Data records.
◇ ◇ ◇ ◇ ◇
-- ===== src/Examples/Gateway.antt =====
-- The command gate and the ingestors of the backend on fixed inputs
-- (src/backend/cmd_schema.py, src/backend/vis_ingest.py, src/backend/tel_ingest.py).
use aot_drone.Backend.Ingest.Vis.{process_datagram}
use aot_drone.Common.{
  decode_error, overflow_error, ◌^◌, false, String, ℕ, ◌≡◌, refl, inl, true, Option, none, some,
  is_some, List, [], ◌∷◌, Result, ok, raise,
}
use aot_drone.Common.Raises.{OnlyRaises}
use aot_drone.Common.Int.{◌*ℤ◌, pos}
use aot_drone.Runtime.Micros.{
  num_of_int, scale, Num, num, micros, micros-Laws, le_num, lt_num, decimal_num,
}
use aot_drone.Json.{
  Value, int, text, object, Fields, end, field, get, put, has_all, int_of, float_of, bool_of,
}
use aot_drone.Backend.State.{new_state}
use aot_drone.Backend.Intent.{IntentRequest, intent_payload, stored}
use aot_drone.Backend.VisSchema.{read_vis, validate_vis_message, VisFields, vis_dict}
use aot_drone.Backend.TelSchema.{validate_tel_message, TelFields, tel_dict}
use aot_drone.Backend.VisSchema.Accepts.{
  IsVis, validate_vis_message_sound, validate_vis_message-fixed, validate_vis_message-IsVisError,
  IsVisError,
}
use aot_drone.Backend.TelSchema.Accepts.{IsTel, validate_tel_message-fixed}
use aot_drone.Backend.CmdSchema.{
  mode_tracking, build_cmd_payload, read_intent, fresh_vis, gate_mode, with_tracking,
  build_tracking_object, base_payload,
}
use aot_drone.Backend.CmdSchema.Gate.{tracking_needs_vision, build_cmd_payload-IsCommand, IsCommand}
use aot_drone.Backend.CmdSchema.Total.{build_cmd_payload_total, read_intent-intent_payload}
use aot_drone.Backend.State.Vis.{record_vis_rx_total}
use aot_drone.Backend.Schema.{require_int, require_float}
use aot_drone.Backend.Ingest.{Ingestor, Settings}
use aot_drone.Backend.Ingest.Vis
use aot_drone.Backend.Ingest.Tel
use aot_drone.Backend.Ingest.Vis.Accounts.{
  IsVisAccounted, VisHandled, process_vis_datagram-VisHandled,
}
use aot_drone.Backend.Ingest.Tel.Accounts.{
  process_tel_datagram-TelHandled, IsTelAccounted, TelHandled,
}

abbrev track_request : IntentRequest Num
track_request = record { desired_mode = pos 1; arm = some true; setpoints = none }

abbrev track_intent : Fields Num
track_intent = field "desired_mode" (int (pos 1)) (field "arm" (Value.bool true) end)

track_intent_posted : intent_payload track_request ≡ some track_intent
unfolding intent_payload stored
track_intent_posted = refl

-- a target seen at the middle of the frame with confidence 0.9
abbrev pub seen : VisFields Num
seen = record {
  seq = pos 7;
  timestamp_s = num (pos 12000000);
  tracking_state = pos 3;
  loc_x = num (pos 0);
  loc_y = num (pos 0);
  bound_w = num (pos 250000);
  bound_h = num (pos 500000);
  confidence = num (pos 900000);
}

read_intent-intent_payload_example :
    read_intent micros (some track_intent)
    ≡ ok (record { desired_mode = pos 1; arm = some true; setpoints = none })
read_intent-intent_payload_example =
    read_intent-intent_payload micros track_request track_intent_posted

-- the frame that is sent for the request while the target was seen 0.1 s ago
tracking_sent :
    let out =
      build_cmd_payload micros
        (pos 1)
        (num (pos 12100000))
        (some track_intent)
        (some (vis_dict seen))
        (some (num (pos 100000)))
        (num (pos 250000)) in
    (p : Fields Num) × (out ≡ ok (p, none)) × (get "desired_mode" p ≡ some (int mode_tracking))
unfolding build_cmd_payload read_intent fresh_vis gate_mode with_tracking build_tracking_object
    base_payload put has_all get int_of float_of bool_of le_num lt_num decimal_num
tracking_sent = (_, refl, refl)

tracking_needs_vision_example : is_some (get "tracking" tracking_sent.0) ≡ true
tracking_needs_vision_example =
    (tracking_needs_vision micros (pos 1) (num (pos 12100000)) (some track_intent)
      (some (vis_dict seen)) (some (num (pos 100000))) (num (pos 250000)) tracking_sent.1
      tracking_sent.2).1

build_cmd_payload-IsCommand_example :
    (asked : _) × (read_intent micros (some track_intent) ≡ ok asked)
    × IsCommand micros
        (pos 1)
        asked.desired_mode
        (some (vis_dict seen))
        (fresh_vis micros (some (vis_dict seen)) (some (num (pos 100000))) (num (pos 250000)))
        tracking_sent.0
        none
build_cmd_payload-IsCommand_example =
    build_cmd_payload-IsCommand micros (pos 1) (num (pos 12100000)) (some track_intent)
      (some (vis_dict seen)) (some (num (pos 100000))) (num (pos 250000)) tracking_sent.1

limit_nonneg : lt_num (num (pos 250000)) (decimal_num (pos 0) 0) ≡ false
unfolding lt_num decimal_num scale
limit_nonneg = refl

-- the same request when the age of the snapshot is not known
build_cmd_payload_total_example :
    (p : Fields Num) × (blocked : Option String) × (build_cmd_payload micros
        (pos 1)
        (num (pos 12100000))
        (some track_intent)
        (some (vis_dict seen))
        none
        (num (pos 250000))
      ≡ ok (p, blocked))
build_cmd_payload_total_example =
    build_cmd_payload_total micros (pos 1) (num (pos 12100000)) (some track_intent)
      (some (vis_dict seen)) none (num (pos 250000)) refl limit_nonneg
      (track_request, track_intent_posted) (seen, refl)

seen-IsVis : IsVis micros seen
unfolding le_num decimal_num scale ◌*ℤ◌
seen-IsVis = record {
  known_state = refl;
  x_in = (refl, refl);
  y_in = (refl, refl);
  w_in = (refl, refl);
  h_in = (refl, refl);
  confidence_in = (refl, refl);
  blank = inl refl;
}

seen_accepted : validate_vis_message micros (object (vis_dict seen)) ≡ ok (vis_dict seen)
seen_accepted = validate_vis_message-fixed micros micros-Laws seen seen-IsVis

validate_vis_message_sound_example :
    (v : VisFields Num) × (vis_dict seen ≡ vis_dict v) × IsVis micros v
validate_vis_message_sound_example =
    validate_vis_message_sound micros micros-Laws (object (vis_dict seen)) seen_accepted

validate_vis_message-IsVisError_example :
    OnlyRaises IsVisError (validate_vis_message micros (object (field "type" (text "VIS") end)))
validate_vis_message-IsVisError_example =
    validate_vis_message-IsVisError micros (object (field "type" (text "VIS") end))

-- a decoder that knows one message
abbrev pub loads_one : Value Num → List ℕ → Result (Value Num)
loads_one v [] = raise decode_error
loads_one v (b ∷ bytes) = ok v

abbrev gateway : Ingestor Num
gateway = record { shared = new_state micros 1; drop_log = [] }

abbrev pub vis_settings : Settings Num
vis_settings = record {
  max_bytes = 512;
  log_interval_s = num (pos 5000000);
  loads = loads_one (object (vis_dict seen));
}

fresh-IsVisAccounted : IsVisAccounted micros gateway.shared.vis
fresh-IsVisAccounted = record { received = refl; reasons = refl }

process_vis_datagram-VisHandled_example :
    let out =
      Vis.process_datagram micros vis_settings (1 ∷ []) (num (pos 0)) (num (pos 0)) gateway in
    VisHandled micros (vis_settings.loads (1 ∷ [])) (num (pos 0)) gateway out.0 out.1
process_vis_datagram-VisHandled_example =
    process_vis_datagram-VisHandled micros micros-Laws vis_settings gateway fresh-IsVisAccounted
      (num (pos 0)) (num (pos 0)) (1 ∷ [])

abbrev pub told : TelFields Num
told = record {
  seq = pos 7;
  timestamp_s = num (pos 12000000);
  control_mode = pos 1;
  tracking_state = pos 3;
  dist_front_m = num (pos 2500000);
  dist_back_m = num (pos 2500000);
  dist_bottom_m = num (pos 1200000);
  target_x = num (pos 0);
  target_y = num (pos 0);
  bound_w = num (pos 250000);
  bound_h = num (pos 500000);
  confidence = num (pos 900000);
}

told-IsTel : IsTel micros told
unfolding le_num decimal_num scale ◌*ℤ◌
told-IsTel = record {
  known_mode = refl;
  known_state = refl;
  x_in = (refl, refl);
  y_in = (refl, refl);
  w_in = (refl, refl);
  h_in = (refl, refl);
  confidence_in = (refl, refl);
}

told_accepted : validate_tel_message micros (object (tel_dict told)) ≡ ok (tel_dict told)
told_accepted = validate_tel_message-fixed micros told told-IsTel

abbrev pub tel_settings : Settings Num
tel_settings = record {
  max_bytes = 1024;
  log_interval_s = num (pos 5000000);
  loads = loads_one (object (tel_dict told));
}

fresh-IsTelAccounted : IsTelAccounted micros gateway.shared.tel
fresh-IsTelAccounted = record { received = refl; reasons = refl }

process_tel_datagram-TelHandled_example :
    let out =
      Tel.process_datagram micros tel_settings (1 ∷ []) (num (pos 0)) (num (pos 0)) gateway in
    TelHandled micros (tel_settings.loads (1 ∷ [])) (num (pos 0)) gateway out.0 out.1
process_tel_datagram-TelHandled_example =
    process_tel_datagram-TelHandled micros tel_settings gateway fresh-IsTelAccounted (num (pos 0))
      (num (pos 0)) (1 ∷ [])

-- an integer that is no float
abbrev huge : VisFields Num → Fields Num
huge v = put "loc_x" (int (pos (2 ^ 1024))) (vis_dict v)

-- the datagram is counted as received, and the error goes through
huge_escapes :
    let cfg = record vis_settings { loads = loads_one (object (huge seen)) } in
    let out = Vis.process_datagram micros cfg (1 ∷ []) (num (pos 0)) (num (pos 0)) gateway in
    (out.0 ≡ raise overflow_error) × (out.1.shared.vis.rx_total ≡ 1) × (out.1.shared.vis.rx_bad ≡ 0)
unfolding Vis.process_datagram record_vis_rx_total validate_vis_message read_vis require_int
    require_float has_all get put num_of_int
huge_escapes = (refl, refl, refl)
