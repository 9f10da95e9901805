-- ===== src/Examples/Heard.antt =====
-- Datagrams and the browsers on fixed inputs (src/backend/tel_ingest.py, src/backend/vis_ingest.py and
-- src/backend/broadcast.py).
use aot_drone.Examples.Gateway.{tel_settings, vis_settings}
use aot_drone.Examples.Events.{one_client, ten_per_s}
use aot_drone.Backend.State.{new_state}
use aot_drone.Common.Int.{pos}
use aot_drone.Backend.Datagrams.Telemetry.{receive_tel-TelTold, TelTold}
use aot_drone.Backend.Datagrams.Sight.{receive_vis-VisTold, VisTold}
use aot_drone.Runtime.Micros.{num, Num, micros-Laws, micros}
use aot_drone.Backend.Datagrams.{receive_vis, receive_tel, Receiver}
use aot_drone.Common.{◌∷◌, refl, []}

abbrev listener : Receiver Num
listener = record {
  broadcaster = record {
    shared = new_state micros 1;
    manager = one_client;
    last_emit_s = [];
    warning_last_emit_s = [];
    sent = [];
  };
  drop_log = [];
}

receive_tel-TelTold_example :
    let out =
      receive_tel micros ten_per_s tel_settings
        (1 ∷ [])
        ""
        (num (pos 7050000))
        (num (pos 7050000))
        (num (pos 7050000))
        listener in
    TelTold micros ten_per_s
      (tel_settings.loads (1 ∷ []))
      (num (pos 7050000))
      (num (pos 7050000))
      listener
      out.0
      out.1
receive_tel-TelTold_example =
    receive_tel-TelTold micros ten_per_s tel_settings listener (1 ∷ []) "" (num (pos 7050000))
      (num (pos 7050000)) (num (pos 7050000)) (record { received = refl; reasons = refl })

receive_vis-VisTold_example :
    let out =
      receive_vis micros ten_per_s vis_settings
        (1 ∷ [])
        ""
        (num (pos 7000000))
        (num (pos 7000000))
        (num (pos 7000000))
        listener in
    VisTold micros ten_per_s
      (vis_settings.loads (1 ∷ []))
      (num (pos 7000000))
      (num (pos 7000000))
      listener
      out.0
      out.1
receive_vis-VisTold_example =
    receive_vis-VisTold micros ten_per_s micros-Laws vis_settings listener (1 ∷ []) ""
      (num (pos 7000000)) (num (pos 7000000)) (num (pos 7000000))
      (record { received = refl; reasons = refl })
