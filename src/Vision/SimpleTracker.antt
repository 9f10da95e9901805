-- ===== src/Vision/SimpleTracker.antt =====
-- `SimpleTracker` (src/vision/tracker.py): a state machine over the first detection of each frame.
pub mod States
use aot_drone.Common.{
  ℕ, ◌+◌, Bool, true, false, ◌&&◌, if◌then◌else◌, List, [], ◌∷◌, Result, ok, raise, value_error,
  guard, not, ◌>>=◌, ◌>>◌,
}
use aot_drone.Common.Exec.{Exec}
use aot_drone.Common.Int.{ℤ, pos, leb_ℤ, ltb_ℤ, to_ℕ}
use aot_drone.Runtime.{Runtime, zero_f}
use aot_drone.Vision.Types.{
  VisState, no_target, target_detected, tracking, searching, NormalizedBbox, Detection, zero_bbox,
  clamp01, normalize_bbox_xywh,
}
use aot_drone.Vision.Pipeline.Defs.{TrackerResult, zero_result}

pub record SimpleTracker (F : Type 0) : Type 0 where
  pub detect_hold_n : ℤ
  pub search_n : ℤ
  pub state : VisState
  pub detect_streak : ℕ
  pub missing_streak : ℕ
  pub last_bbox : NormalizedBbox F
  pub last_conf : F
  pub last_track_id : ℤ

abbrev pub is_tracking : VisState → Bool
is_tracking tracking = true
is_tracking _ = false

-- `state in (TRACKING, SEARCHING)`
abbrev pub was_tracking : VisState → Bool
was_tracking tracking = true
was_tracking searching = true
was_tracking _ = false

module _ (R : Runtime) where
  open R use {Float}

  -- `__init__`
  unfoldable pub new_tracker : ℤ → ℤ → Result (SimpleTracker Float)
  new_tracker detect_hold_n search_n = do
    guard (not (ltb_ℤ detect_hold_n (pos 0))) value_error
    guard (not (ltb_ℤ search_n (pos 0))) value_error
    ok (record {
      detect_hold_n = detect_hold_n;
      search_n = search_n;
      state = no_target;
      detect_streak = 0;
      missing_streak = 0;
      last_bbox = zero_bbox R;
      last_conf = zero_f R;
      last_track_id = pos 0;
    })

  unfoldable pub reset_tracker : SimpleTracker Float → SimpleTracker Float
  reset_tracker t = record t {
    state = no_target;
    detect_streak = 0;
    missing_streak = 0;
    last_bbox = zero_bbox R;
    last_conf = zero_f R;
    last_track_id = pos 0;
  }

  -- the state and the streak of a frame with a detection
  unfoldable pub see : SimpleTracker Float → SimpleTracker Float
  see t =
      let t' = record t { missing_streak = 0 } in
      let streak = t'.detect_streak + 1 in
      if is_tracking t'.state then t' else record t' {
        detect_streak = streak;
        state = if leb_ℤ (pos streak) t'.detect_hold_n then target_detected else tracking;
      }

  -- `max(0, int(track_id))`
  abbrev track_id_of : ℤ → ℤ
  track_id_of n = if ltb_ℤ (pos 0) n then n else pos 0

  -- the box of the detection, or the error of its normalization, after which the new state stays
  abbrev pub on_box :
      Detection Float
      → Result (NormalizedBbox Float)
      → Exec (SimpleTracker Float) (TrackerResult Float)
  on_box d (raise e) t = (raise e, t)
  on_box d (ok bbox) t =
      let conf = clamp01 R d.confidence in
      let track_id = track_id_of d.track_id in
      (
        ok (record { state = t.state; bbox = bbox; conf = conf; track_id = track_id }),
        record t { last_bbox = bbox; last_conf = conf; last_track_id = track_id },
      )

  -- `_update_with_detection`
  unfoldable pub update_with_detection :
      Detection Float → ℤ → ℤ → Exec (SimpleTracker Float) (TrackerResult Float)
  unfolding see
  update_with_detection d img_w img_h t =
      on_box d (normalize_bbox_xywh R d.bbox img_w img_h) (see t)

  -- the end of `_update_without_detection`
  abbrev pub give_up : SimpleTracker Float → TrackerResult Float × SimpleTracker Float
  give_up t = (
    zero_result R no_target,
    record t {
      state = no_target;
      missing_streak = 0;
      last_bbox = zero_bbox R;
      last_conf = zero_f R;
      last_track_id = pos 0;
    },
  )

  -- `_update_without_detection`
  unfoldable pub update_without_detection :
      SimpleTracker Float → TrackerResult Float × SimpleTracker Float
  update_without_detection t =
      let t0 = record t { detect_streak = 0 } in
      let t1 = record t0 { missing_streak = t0.missing_streak + 1 } in
      if was_tracking t0.state && ltb_ℤ (pos 0) t0.search_n
      then if leb_ℤ (pos t1.missing_streak) t1.search_n
        then (zero_result R searching, record t1 { state = searching })
        else give_up t1
      else give_up t0

  -- `update`
  unfoldable pub update_simple :
      List (Detection Float) → ℤ → ℤ → Exec (SimpleTracker Float) (TrackerResult Float)
  unfolding update_with_detection update_without_detection
  update_simple [] img_w img_h t = let (r, t') = update_without_detection t in (ok r, t')
  update_simple (d ∷ ds) img_w img_h t = update_with_detection d img_w img_h t
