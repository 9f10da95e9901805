-- ===== src/Vision/SimpleTracker/States.antt =====
-- The states and the counters of the simple tracker (src/vision/tracker.py).
use aot_drone.Common.{◌≡◌, ◌⊎◌, true, List, [], ◌∷◌, Result, ok, raise, arith}
use aot_drone.Common.Int.{ℤ, pos, leb_ℤ}
use aot_drone.Runtime.{Runtime, Laws, zero_f}
use aot_drone.Vision.Types.{
  no_target, target_detected, tracking, searching, NormalizedBbox, Detection, normalize_bbox_xywh,
}
use aot_drone.Vision.Types.Clamp.{InUnit, clamp01-InUnit, zero-InUnit}
use aot_drone.Vision.SimpleTracker.{
  SimpleTracker, new_tracker, see, on_box, update_without_detection, update_simple,
}

module _ (R : Runtime) where
  open R use {Float}

  -- The streaks count towards their limits, and only in the states that they belong to.
  pub record SimpleInv (t : SimpleTracker Float) : Type 0 where
    pub conf_in : InUnit R t.last_conf
    pub id_nonneg : leb_ℤ (pos 0) t.last_track_id ≡ true
    pub detecting : t.state ≡ target_detected → leb_ℤ (pos t.detect_streak) t.detect_hold_n ≡ true
    pub missing : leb_ℤ (pos t.missing_streak) t.search_n ≡ true
    pub seen : (t.state ≡ searching) ⊎ (t.missing_streak ≡ 0)
    pub blank : t.state ≡ no_target → t.last_conf ≡ zero_f R
    pub limits : (leb_ℤ (pos 0) t.detect_hold_n ≡ true) × (leb_ℤ (pos 0) t.search_n ≡ true)

  module _ (laws : Laws R) where
    new_tracker-SimpleInv :
        (detect_hold_n search_n : ℤ) {t : SimpleTracker Float}
        → new_tracker R detect_hold_n search_n ≡ ok t
        → SimpleInv t
    unfolding new_tracker
    new_tracker-SimpleInv detect_hold_n search_n made = ground (arith, zero-InUnit R laws)

    missed-SimpleInv :
        (t : SimpleTracker Float) → SimpleInv t → SimpleInv (update_without_detection R t).1
    unfolding update_without_detection
    missed-SimpleInv t h = ground (arith, h, zero-InUnit R laws)

    on_box-SimpleInv :
        (d : Detection Float) (box : Result (NormalizedBbox Float)) (t : SimpleTracker Float)
        → SimpleInv t
        → (t.state ≡ tracking) ⊎ (t.state ≡ target_detected)
        → SimpleInv (on_box R d box t).1
    on_box-SimpleInv d (raise e) t h up = h
    on_box-SimpleInv d (ok box) t h up = ground (arith, h, up, clamp01-InUnit R laws d.confidence)

    see-SimpleInv :
        (t : SimpleTracker Float)
        → SimpleInv t
        → SimpleInv (see R t) × (((see R t).state ≡ tracking) ⊎ ((see R t).state ≡ target_detected))
    unfolding see
    see-SimpleInv t h = ground (arith, h)

    -- When the laws of floats hold, a frame keeps the invariant of the simple tracker, also when
    -- it ends with an error: the confidence is in [0, 1] and is 0.0 without a target, the track
    -- id is not negative, the streak of detections is within its limit while the target is not
    -- confirmed, and the streak of misses is within its limit and is 0 unless it searches.
    pub update_simple-SimpleInv :
        (ds : List (Detection Float)) (img_w img_h : ℤ) (t : SimpleTracker Float)
        → SimpleInv t
        → SimpleInv (update_simple R ds img_w img_h t).1
    unfolding update_simple
    update_simple-SimpleInv [] img_w img_h t h = missed-SimpleInv t h
    update_simple-SimpleInv (d ∷ ds) img_w img_h t h =
        let (h', up) = see-SimpleInv t h in
        on_box-SimpleInv d (normalize_bbox_xywh R d.bbox img_w img_h) (see R t) h' up
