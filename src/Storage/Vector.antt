-- ===== src/Storage/Vector.antt =====
-- cpp/negentropy/storage/Vector.h. `std::sort` and `std::lower_bound` are modelled by what the
-- standard says of them: a sorted permutation (here by insertion), and the first position whose item
-- is not below the value.
use negentropy.Prelude.{
  ℕ, zero, suc, ◌+◌, ◌-◌, ◌≤◌, ◌≡◌, Bool, true, false, not, Bytes, List, [], ◌∷◌, ◌++◌, length,
  get_elem?, ◌||◌, ltb, ◌==◌, if◌then◌else◌, Option, none, some,
}
use negentropy.Prelude.Results.{Result, ok, err, Error, ◌>>=◌, ◌>>◌, guard}
use negentropy.Types.{Item, Bound, item_lt, item_eq, id_size, make_item}
use negentropy.Accumulator.{add, zero_accum, get_fingerprint}
use negentropy.Storage.{Storage}
pub mod Seal
pub mod Contract
pub mod Load
pub mod Position

pub record Vector : Type 0 where
  pub items : List Item
  pub is_sealed : Bool

abbrev pub empty_vector : Vector
empty_vector = record { items = []; is_sealed = false }

-- `items.emplace_back(createdAt, id)` runs the constructor of `Item`
pub insert : Vector → ℕ → Bytes → Result Vector
insert v created_at id = do
  guard (not v.is_sealed) Error.already_sealed
  guard (length id == id_size) Error.bad_added_id
  it ← make_item created_at id
  ok (record v { items = v.items ++ (it ∷ []) })

pub insert_item : Vector → Item → Result Vector
insert_item v it = insert v it.timestamp it.id

unfoldable pub insert_sorted : Item → List Item → List Item
insert_sorted a [] = a ∷ []
insert_sorted a (b ∷ bs) = if item_lt b a then b ∷ insert_sorted a bs else a ∷ b ∷ bs

pub sort : List Item → List Item
sort [] = []
sort (a ∷ as') = insert_sorted a (sort as')

-- the loop over neighbours
pub has_duplicate : List Item → Bool
has_duplicate [] = false
has_duplicate (a ∷ []) = false
has_duplicate (a ∷ b ∷ rest) = item_eq a b || has_duplicate (b ∷ rest)

-- A duplicate throws when the vector is sealed and sorted already: the exception leaves `v'` behind.
pub seal : Vector → Vector × Result (Unit {0})
seal v =
    if v.is_sealed
    then (v, err Error.already_sealed)
    else let v' : Vector = record { items = sort v.items; is_sealed = true } in
      (v', guard (not (has_duplicate v'.items)) Error.duplicate_item)

pub unseal : Vector → Vector
unseal v = record v { is_sealed = false }

pub check_sealed : Vector → Result (Unit {0})
check_sealed v = guard v.is_sealed Error.not_sealed

pub check_bounds : Vector → ℕ → ℕ → Result (Unit {0})
check_bounds v begin end = guard (not (ltb end begin || ltb (length v.items) end)) Error.bad_range

pub size : Vector → Result ℕ
size v = do check_sealed v; ok (length v.items)

-- `items.at(i)` throws `std::out_of_range`, which is no exception of the code's own
pub get_item : Vector → ℕ → Result Item
get_item v i = do
  check_sealed v
  elim (get_elem? v.items i) [ none ↦ err Error.std_out_of_range | some it ↦ ok it ]

-- `items[i]`, and `*it`: beyond the end is undefined
unfoldable pub elem_at : List Item → ℕ → Result Item
elem_at items i = elim (get_elem? items i) [ none ↦ err Error.undefined | some it ↦ ok it ]

-- `for (i = begin; i < end; ++i) if (!cb(items[i], i)) break;`, with the rounds that are left
pub for_items : {S : Type 0} → (Item → ℕ → S → S × Bool) → List Item → ℕ → ℕ → S → Result S
for_items cb items zero i s = ok s
for_items cb items (suc rounds) i s = do
  it ← elem_at items i
  let r = cb it i s
  let rest = for_items cb items rounds (suc i) r.0
  if r.1 then rest else ok r.0

pub iterate : Vector → (S : Type 0) → (Item → ℕ → S → S × Bool) → ℕ → ℕ → S → Result S
iterate v S cb begin end s = do
  check_sealed v
  check_bounds v begin end
  for_items cb v.items (end - begin) begin s

-- `std::lower_bound` on sorted items: the first position that is not below the value, of those left
pub lower_bound : List Item → Item → ℕ → ℕ → Result ℕ
lower_bound items value zero i = ok i
lower_bound items value (suc left) i = do
  it ← elem_at items i
  let rest = lower_bound items value left (suc i)
  if item_lt it value then rest else ok i

pub find_lower_bound : Vector → ℕ → ℕ → Bound → Result ℕ
find_lower_bound v begin end bound = do
  check_sealed v
  check_bounds v begin end
  lower_bound v.items bound.item (end - begin) begin

-- the callback of `fingerprint`
abbrev pub add_item : Item → ℕ → Bytes → Bytes × Bool
add_item it _ acc = (add acc it.id, true)

module _ (sha256 : Bytes → Bytes) where
  pub fingerprint : Vector → ℕ → ℕ → Result Bytes
  fingerprint v begin end = do
    out ← iterate v Bytes add_item begin end zero_accum
    ok (get_fingerprint sha256 out (end - begin))

  pub vector_storage : Vector → Storage
  vector_storage v = record {
    size = size v;
    get_item = get_item v;
    iterate = iterate v;
    find_lower_bound = find_lower_bound v;
    fingerprint = fingerprint v;
  }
◇ ◇ ◇ ◇ ◇
An exact copy of the lines above between the line holding "pub id_nonneg : leb_ℤ" and the line holding "pub seen : (t.state", inclusive, is the whole answer.

    pub id_nonneg : leb_ℤ (pos 0) t.last_track_id ≡ true
    pub detecting : t.state ≡ target_detected → leb_ℤ (pos t.detect_streak) t.detect_hold_n ≡ true
    pub missing : leb_ℤ (pos t.missing_streak) t.search_n ≡ true
    pub seen : (t.state ≡ searching) ⊎ (t.missing_streak ≡ 0)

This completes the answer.